Pis encore, ces discours aux accents guerriers se révèlent être le résidu rhétorique d’un échec, celui de la démocratie. Ces déclarations montrent en effet que la démocratie ne parvient pas à instaurer un climat propice à des politiques pensées sur le long terme. Une fois ces éléments rhétoriques mis de côté, on prend en effet conscience qu’une partie des conséquences des crises auraient pu être atténuées, voire évitées par davantage de préparation. Ainsi, pourquoi attendre une pandémie pour évoquer les conditions de travail du personnel hospitalier au bord du gouffre depuis bien longtemps ? Comment se fait-il que la moitié du parc nucléaire français soit à l’arrêt indépendamment de la situation en Ukraine ? Pourquoi n’a-t-on pas de plans sur le long terme pour contrecarrer les conséquences de l’inflation et éviter les mesures d’urgences contre-productives ? Comment se fait-il que la production d’avion bombardier Canadair soit à l’arrêt depuis 2015 alors que nos massifs forestiers sont de plus en plus touchés par des incendies ?

Si le lexique de la guerre est le résidu rhétorique de décennies caractérisées par le manque d’anticipation de nos gouvernements, leurs conséquences sur notre quotidien et nos institutions en sont les sanctions.

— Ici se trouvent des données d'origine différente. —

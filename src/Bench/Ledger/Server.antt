-- ===== src/Bench/Ledger/Server.antt =====
-- What bench/src/echo_server.c leaves open.
use tlshub_ebpf.Base.{
  ℕ, zero, suc, ◌+◌, ℤ, pos, is_negative, ◌≡◌, refl, ◌∙◌, ◌⊎◌, inl, inr, Bool, true, false, Option,
  none, some, ◌∷◌, Bytes, ltb, length, drop, Bool-cases,
}
use tlshub_ebpf.Base.Holdings.{Holdings}
use tlshub_ebpf.Metrics.Types.{Clock}
use tlshub_ebpf.Bench.Sockets.{tcp_nodelay, so_reuseaddr, so_reuseport, shut_rdwr, TcpSockets}
use tlshub_ebpf.Bench.Server.{
  keep_running, start_listening, start_bind, echo_server_start, echo, finish_client, echo_loop,
  echo_server_handle_client, accept_loop, run_echo_server,
}
use tlshub_ebpf.Bench.Stream.{Sent-cases}
use tlshub_ebpf.Bench.Received.{Received-cases}
use tlshub_ebpf.Bench.Ledger.{Accepted-cases, IsLedger, Leaves, with_fd}

module _ {W : Type 0} (sys : Clock W) (net : TcpSockets W) (view : W → Holdings)
    (ledger : IsLedger sys net view) where
  -- How `echo_server_start` ends: without a socket, or with the one that listens.
  abbrev Starts : Holdings → ℤ × W → Type 0
  Starts h (fd, w) =
      ((is_negative fd ≡ true) × (view w ≡ h))
      ⊎ ((is_negative fd ≡ false) × (view w ≡ with_fd fd h))

  start_listening-Starts :
      (h : Holdings) (fd : ℤ) (w : W)
      → is_negative fd ≡ false
      → view w ≡ with_fd fd h
      → Starts h (start_listening net fd w)
  unfolding start_listening
  start_listening-Starts h fd w n e =
      let (r, w1) = net.listen fd 128 w in
      let e1 = ledger.listen_keeps fd 128 w ∙ e in
      elim (Bool-cases (is_negative r)) [
        | inl b ↦ rw (start_listening, b) (inl (refl, ledger.close_undoes fd h w1 e1))
        | inr b ↦ rw (start_listening, b) (inr (n, e1))
      ]

  start_bind-Starts :
      (h : Holdings) (port : ℕ) (fd : ℤ) (w : W)
      → is_negative fd ≡ false
      → view w ≡ with_fd fd h
      → Starts h (start_bind net port fd w)
  unfolding start_bind
  start_bind-Starts h port fd w n e =
      let (reuseaddr, w1) = net.setsockopt fd so_reuseaddr w in
      let (reuseport, w2) = net.setsockopt fd so_reuseport w1 in
      let (bound, w3) = net.bind fd port w2 in
      let e1 = ledger.setsockopt_keeps fd so_reuseaddr w ∙ e in
      let e2 = ledger.setsockopt_keeps fd so_reuseport w1 ∙ e1 in
      let e3 = ledger.bind_keeps fd port w2 ∙ e2 in
      elim (Bool-cases (is_negative reuseaddr)) [
        | inl a ↦ rw (start_bind, a) (inl (refl, ledger.close_undoes fd h w1 e1))
        | inr a ↦ elim (Bool-cases (is_negative reuseport)) [
          | inl p ↦ rw (start_bind, a, p) (inl (refl, ledger.close_undoes fd h w2 e2))
          | inr p ↦ elim (Bool-cases (is_negative bound)) [
            | inl b ↦ rw (start_bind, a, p, b) (inl (refl, ledger.close_undoes fd h w3 e3))
            | inr b ↦ rw (start_bind, a, p, b) (start_listening-Starts h fd w3 n e3)
          ]
        ]
      ]

  echo_server_start-Starts : (port : ℕ) (w : W) → Starts (view w) (echo_server_start net port w)
  unfolding echo_server_start
  echo_server_start-Starts port w =
      let (fd, w1) = net.socket w in
      let opens = ledger.socket_opens w in
      elim (Bool-cases (is_negative fd)) [
        | inl n ↦ let e = rw n at opens in rw (echo_server_start, n) (inl (refl, e))
        | inr n ↦
            let e = rw n at opens in
            rw (echo_server_start, n) (start_bind-Starts (view w) port fd w1 n e)
      ]

  abbrev Kept : Holdings → Option (Bool × W) → Type 0
  Kept = Leaves (λ o. o.1) view

  abbrev Left : Holdings → Option W → Type 0
  Left = Leaves (λ w. w) view

  echo-Kept :
      (fuel : ℕ) (fd : ℤ) (total : ℕ) (buffer : Bytes) (h : Holdings) (w : W)
      → view w ≡ h
      → Kept h (echo net fuel fd total buffer w)
  unfolding echo
  echo-Kept zero fd total buffer h w e = tt
  echo-Kept (suc fuel) fd total buffer h w e =
      let (r, w1) = net.send fd (drop total buffer) w in
      let e1 = ledger.send_keeps fd (drop total buffer) w ∙ e in
      elim (Bool-cases (ltb total (length buffer))) [
        | inr l ↦ rw (echo, l) e
        | inl l ↦ elim (Sent-cases r) [
          | inl (n, s) ↦ rw (echo, l, s) (echo-Kept fuel fd (total + n) buffer h w1 e1)
          | inr (inl s) ↦ rw (echo, l, s) (echo-Kept fuel fd total buffer h w1 e1)
          | inr (inr s) ↦ rw (echo, l, s) e1
        ]
      ]

  finish_client-closed :
      (fd : ℤ) (h : Holdings) (w : W) → view w ≡ with_fd fd h → view (finish_client net fd w) ≡ h
  unfolding finish_client
  finish_client-closed fd h w e =
      ledger.close_undoes fd h (net.shutdown fd shut_rdwr w)
        (ledger.shutdown_keeps fd shut_rdwr w ∙ e)

  echo_loop-Left :
      (round fuel : ℕ) (fd : ℤ) (h : Holdings) (w : W)
      → view w ≡ with_fd fd h
      → Left h (echo_loop net round fuel fd w)
  unfolding echo_loop
  echo_loop-Left zero fuel fd h w e = tt
  echo_loop-Left (suc round) fuel fd h w e =
      let (r, w1) = net.recv fd 65536 w in
      let e1 = ledger.recv_keeps fd 65536 w ∙ e in
      elim (Received-cases r) [
        | inl i ↦ rw (echo_loop, i) (echo_loop-Left round fuel fd h w1 e1)
        | inr (inl b) ↦ rw (echo_loop, b) (finish_client-closed fd h w1 e1)
        | inr (inr (inl z)) ↦ rw (echo_loop, z) (finish_client-closed fd h w1 e1)
        | inr (inr (inr (c, cs, g))) ↦
            rw (echo_loop, g)
              (sent_back (echo net fuel fd 0 (c ∷ cs) w1) (echo_loop net round fuel fd)
                (echo_loop-Left round fuel fd h)
                (echo-Kept fuel fd 0 (c ∷ cs) (with_fd fd h) w1 e1))
      ]
    where
      sent_back :
          (o : Option (Bool × W)) (again : W → Option W)
          → ((w' : W) → view w' ≡ with_fd fd h → Left h (again w'))
          → Kept (with_fd fd h) o
          → Left h (elim o [
            | none ↦ none
            | some o' ↦ elim o'.0 [ true ↦ again o'.1 | false ↦ some (net.close fd o'.1) ]
          ])
      sent_back none again every left = tt
      sent_back (some (true, w')) again every left = every w' left
      sent_back (some (false, w')) again every left = ledger.close_undoes fd h w' left

  echo_server_handle_client-Left :
      (rounds fuel : ℕ) (fd : ℤ) (h : Holdings) (w : W)
      → view w ≡ with_fd fd h
      → Left h (echo_server_handle_client net rounds fuel fd w)
  unfolding echo_server_handle_client
  echo_server_handle_client-Left rounds fuel fd h w e =
      echo_loop-Left rounds fuel fd h (net.setsockopt fd tcp_nodelay w).1
        (ledger.setsockopt_keeps fd tcp_nodelay w ∙ e)

  accept_loop-Left :
      (turns rounds fuel : ℕ) (fd : ℤ) (h : Holdings) (w : W)
      → view w ≡ with_fd fd h
      → Left h (accept_loop net turns rounds fuel fd w)
  unfolding accept_loop
  accept_loop-Left zero rounds fuel fd h w e = tt
  accept_loop-Left (suc turns) rounds fuel fd h w e =
      let (r, w1) = net.accept fd w in
      let opens = ledger.accept_opens fd w in
      elim (Bool-cases (keep_running net w)) [
        | inr k ↦ rw (accept_loop, k) (ledger.close_undoes fd h w e)
        | inl k ↦ elim (Accepted-cases r) [
          | inl (client_fd, a) ↦
              let opens' = rw (a, e) at opens in
              rw (accept_loop, k, a)
                (served (echo_server_handle_client net rounds fuel client_fd w1)
                  (accept_loop net turns rounds fuel fd) (accept_loop-Left turns rounds fuel fd h)
                  (echo_server_handle_client-Left rounds fuel client_fd (with_fd fd h) w1 opens'))
          | inr (inl i) ↦
              let opens' = rw (i, e) at opens in
              rw (accept_loop, k, i) (accept_loop-Left turns rounds fuel fd h w1 opens')
          | inr (inr b) ↦
              let opens' = rw (b, e) at opens in
              rw (accept_loop, k, b) (ledger.close_undoes fd h w1 opens')
        ]
      ]
    where
      served :
          (o : Option W) (again : W → Option W)
          → ((w' : W) → view w' ≡ with_fd fd h → Left h (again w'))
          → Left (with_fd fd h) o
          → Left h (elim o [ none ↦ none | some w' ↦ again w' ])
      served none again every left = tt
      served (some w') again every left = every w' left

  -- However the server ends, the sockets that are open are those from before.
  pub run_echo_server-Leaves :
      (turns rounds fuel port : ℕ) (w : W)
      → Leaves (λ (o : ℤ × W). o.1) view (view w) (run_echo_server net turns rounds fuel port w)
  unfolding run_echo_server
  run_echo_server-Leaves turns rounds fuel port w =
      let (fd, w1) = echo_server_start net port w in
      elim (echo_server_start-Starts port w) [
        | inl (n, e) ↦ rw (run_echo_server, n) e
        | inr (n, e) ↦
            rw (run_echo_server, n)
              (stopped (accept_loop net turns rounds fuel fd w1)
                (accept_loop-Left turns rounds fuel fd (view w) w1 e))
      ]
    where
      stopped :
          (o : Option W)
          → Left (view w) o
          → Leaves
              (λ (x : ℤ × W). x.1)
              view
              (view w)
              (elim o [ none ↦ none | some w2 ↦ some (pos 0, w2) ])
      stopped none left = tt
      stopped (some w2) left = left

La multiplication des lois d’exception et l’explosion du coût de la vie sont en effet le lourd tribut que l’on doit pour avoir refusé de penser l’évolution de notre société sur le long terme, pour ne pas avoir gardé à l’esprit que des événements imprévus peuvent survenir, et pour n’avoir pas pris en considération l’hypothèse du pire. Nos gouvernements ont fait du manque d’anticipation, leur modus operandi privilégié. Ils ont négligé que les sentiers sillonnant les siècles ne sont pas de tout repos.

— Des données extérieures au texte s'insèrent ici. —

-- ===== src/Bench/Ledger/Run.antt =====
-- What the run of all connections of bench/src/tcp_client.c leaves open and allocated.
use tlshub_ebpf.Base.{
  ℕ, zero, suc, ◌+◌, ℤ, is_negative, ◌≡◌, ◌∙◌, inl, inr, Option, none, some, List, ◌∷◌, Bool-cases,
}
use tlshub_ebpf.Base.Holdings.{Holdings}
use tlshub_ebpf.Stdio.{c_string}
use tlshub_ebpf.Metrics.Types.{Doubles, Clock}
use tlshub_ebpf.Bench.Types.{receiving, BenchConfig, ConnStats, GlobalMetrics}
use tlshub_ebpf.Bench.Metrics.{update_metrics}
use tlshub_ebpf.Bench.Sockets.{TcpSockets}
use tlshub_ebpf.Bench.Connection.{tcp_client_connect, tcp_client_send_data, tcp_client_receive_data}
use tlshub_ebpf.Bench.Client.{
  fresh_stats, after_receive, after_send, after_connect, run_single_connection, settle,
  run_connections, run_tcp_client,
}
use tlshub_ebpf.Bench.Ledger.{IsLedger, Leaves, with_fd}
use tlshub_ebpf.Bench.Ledger.Client.{
  Connects, Keeps, tcp_client_connect-Connects, tcp_client_send_data-Keeps, receive_loop-Keeps,
  tcp_client_close-closed,
}

module _ {F : Type 0} (fp : Doubles F) {W : Type 0} (sys : Clock W) (net : TcpSockets W)
    (view : W → Holdings) (ledger : IsLedger sys net view) where
  -- The step that follows the step `o`, if `o` ended.
  follows :
      (h h' : Holdings) (o : Option (ℤ × ConnStats F × W))
      (step : ℤ × ConnStats F × W → Option (ℤ × ConnStats F × W))
      → ((r : ℤ) (s : ConnStats F) (w : W)
          → view w ≡ h
          → Keeps fp sys net view ledger h' (step (r, s, w)))
      → Keeps fp sys net view ledger h o
      → Keeps fp sys net view ledger h' (elim o [ none ↦ none | some x ↦ step x ])
  follows h h' none step every left = tt
  follows h h' (some (r, s, w)) step every left = every r s w left

  after_receive-closed :
      (fuel : ℕ) (fd : ℤ) (h : Holdings) (r : ℤ) (s : ConnStats F) (w : W)
      → view w ≡ with_fd fd h
      → Keeps fp sys net view ledger h (after_receive fp sys net fuel fd (r, s, w))
  unfolding after_receive
  after_receive-closed fuel fd h r s w e = elim (Bool-cases (is_negative r)) [
    | inl n ↦ rw (after_receive, n) (ledger.close_undoes fd h w e)
    | inr n ↦ rw (after_receive, n) (tcp_client_close-closed fp sys net view ledger fuel fd s h w e)
  ]

  after_send-closed :
      (fuel : ℕ) (fd : ℤ) (h : Holdings) (r : ℤ) (s : ConnStats F) (w : W)
      → view w ≡ with_fd fd h
      → Keeps fp sys net view ledger h (after_send fp sys net fuel fd (r, s, w))
  unfolding after_send tcp_client_receive_data
  after_send-closed fuel fd h r s w e = elim (Bool-cases (is_negative r)) [
    | inl n ↦ rw (after_send, n) (ledger.close_undoes fd h w e)
    | inr n ↦
        rw (after_send, n)
          (follows (with_fd fd h) h (tcp_client_receive_data fp sys net fuel fd s w)
            (after_receive fp sys net fuel fd) (after_receive-closed fuel fd h)
            (receive_loop-Keeps fp sys net view ledger fuel fd (record s { state = receiving })
              (with_fd fd h) w e))
  ]

  after_connect-Keeps :
      (fuel data_size : ℕ) (h : Holdings) (o : ℤ × ConnStats F × W)
      → Connects fp sys net view ledger h o
      → Keeps fp sys net view ledger h (after_connect fp sys net fuel data_size o)
  unfolding after_connect
  after_connect-Keeps fuel data_size h (fd, s, w) (inl (n, e)) = rw (after_connect, n) e
  after_connect-Keeps fuel data_size h (fd, s, w) (inr (n, e)) =
      rw (after_connect, n)
        (follows (with_fd fd h) h (tcp_client_send_data fp sys net fuel fd data_size s w)
          (after_send fp sys net fuel fd) (after_send-closed fuel fd h)
          (tcp_client_send_data-Keeps fp sys net view ledger fuel fd data_size s (with_fd fd h) w
            e))

  run_single_connection-Keeps :
      (fuel : ℕ) (config : BenchConfig) (s : ConnStats F) (h : Holdings) (w : W)
      → view w ≡ h
      → Keeps fp sys net view ledger h (run_single_connection fp sys net fuel config s w)
  unfolding run_single_connection
  run_single_connection-Keeps fuel config s h w e =
      after_connect-Keeps fuel config.data_size h
        (tcp_client_connect fp sys net (c_string config.target_ip) config.target_port s w)
        (tcp_client_connect-Connects fp sys net view ledger (c_string config.target_ip)
          config.target_port s h w e)

  -- What the run leaves.
  abbrev pub RunKeeps : Holdings → Option (List (ConnStats F) × GlobalMetrics F × W) → Type 0
  RunKeeps = Leaves (λ o. o.2) view

  run_connections-keeps :
      (n fuel : ℕ) (config : BenchConfig) (i : ℕ) (m : GlobalMetrics F) (h : Holdings) (w : W)
      → view w ≡ h
      → RunKeeps h (run_connections fp sys net n fuel config i m w)
  unfolding run_connections
  run_connections-keeps zero fuel config i m h w e = e
  run_connections-keeps (suc n) fuel config i m h w e =
      one (run_single_connection fp sys net fuel config (fresh_stats fp (i + 1)) w)
        (run_connections fp sys net n fuel config (i + 1))
        (λ m' w' e'. run_connections-keeps n fuel config (i + 1) m' h w' e')
        (run_single_connection-Keeps fuel config (fresh_stats fp (i + 1)) h w e)
    where
      prepended :
          (s : ConnStats F) (o : Option (List (ConnStats F) × GlobalMetrics F × W))
          → RunKeeps h o
          → RunKeeps h (elim o [ none ↦ none | some (ss, m', w') ↦ some (s ∷ ss, m', w') ])
      prepended s none left = tt
      prepended s (some (ss, m', w')) left = left

      one :
          (o : Option (ℤ × ConnStats F × W))
          (others : GlobalMetrics F → W → Option (List (ConnStats F) × GlobalMetrics F × W))
          → ((m' : GlobalMetrics F) (w' : W) → view w' ≡ h → RunKeeps h (others m' w'))
          → Keeps fp sys net view ledger h o
          → RunKeeps h (elim o [
            | none ↦ none
            | some x ↦
                elim (others (update_metrics fp m (settle fp sys net x)) (net.usleep 10000 x.2)) [
                  | none ↦ none
                  | some (ss, m', w') ↦ some (settle fp sys net x ∷ ss, m', w')
                ]
          ])
      one none others every left = tt
      one (some x) others every left =
          prepended (settle fp sys net x)
            (others (update_metrics fp m (settle fp sys net x)) (net.usleep 10000 x.2))
            (every (update_metrics fp m (settle fp sys net x)) (net.usleep 10000 x.2)
              (ledger.usleep_keeps 10000 x.2 ∙ left))

  pub run_tcp_client-RunKeeps :
      (fuel : ℕ) (config : BenchConfig) (m : GlobalMetrics F) (h : Holdings) (w : W)
      → view w ≡ h
      → RunKeeps h (run_tcp_client fp sys net fuel config m w)
  unfolding run_tcp_client
  run_tcp_client-RunKeeps fuel config m h w e =
      run_connections-keeps config.total_connections fuel config 0 m h w e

C’est pourquoi, il est désormais nécessaire que l’anticipation précède chaque décision politique car lorsque le tragique ressurgit, justement, il n’est plus temps.

Par ailleurs, la prolifération de ces discours aux accents guerriers atteste que la déformation de la réalité par la communication politique est électoralement plus favorable que d’affronter les crises par les armes de la politique. On assiste en effet à un dysfonctionnement du processus démocratique par l’absence de sanction malgré les preuves flagrantes d’incompétence. Tout se passe comme si les déclarations de guerres successives l’emportaient sur la réalité, et que ce semblant de guerre nous aidait à en accepter les contraintes. Ainsi peu importe qu’Emmanuel Macron soit l’artisan du déclin du parc nucléaire français, fragilisant notre indépendance, ou qu’il soit responsable de la fermeture de plusieurs milliers de lits d’hôpitaux rendant les vagues épidémiques plus rudes encore. Il détient par sa rhétorique une immunité le ménageant d’être à la hauteur des enjeux. Quant à la question de l’écologie, derrière les envolées lyriques et les discours bien ficelés, son action ne semble pas lui permettre de survivre à l’épreuve du temps… À moins qu’à nouveau, les mots triomphent du réel aux dépens de notre avenir.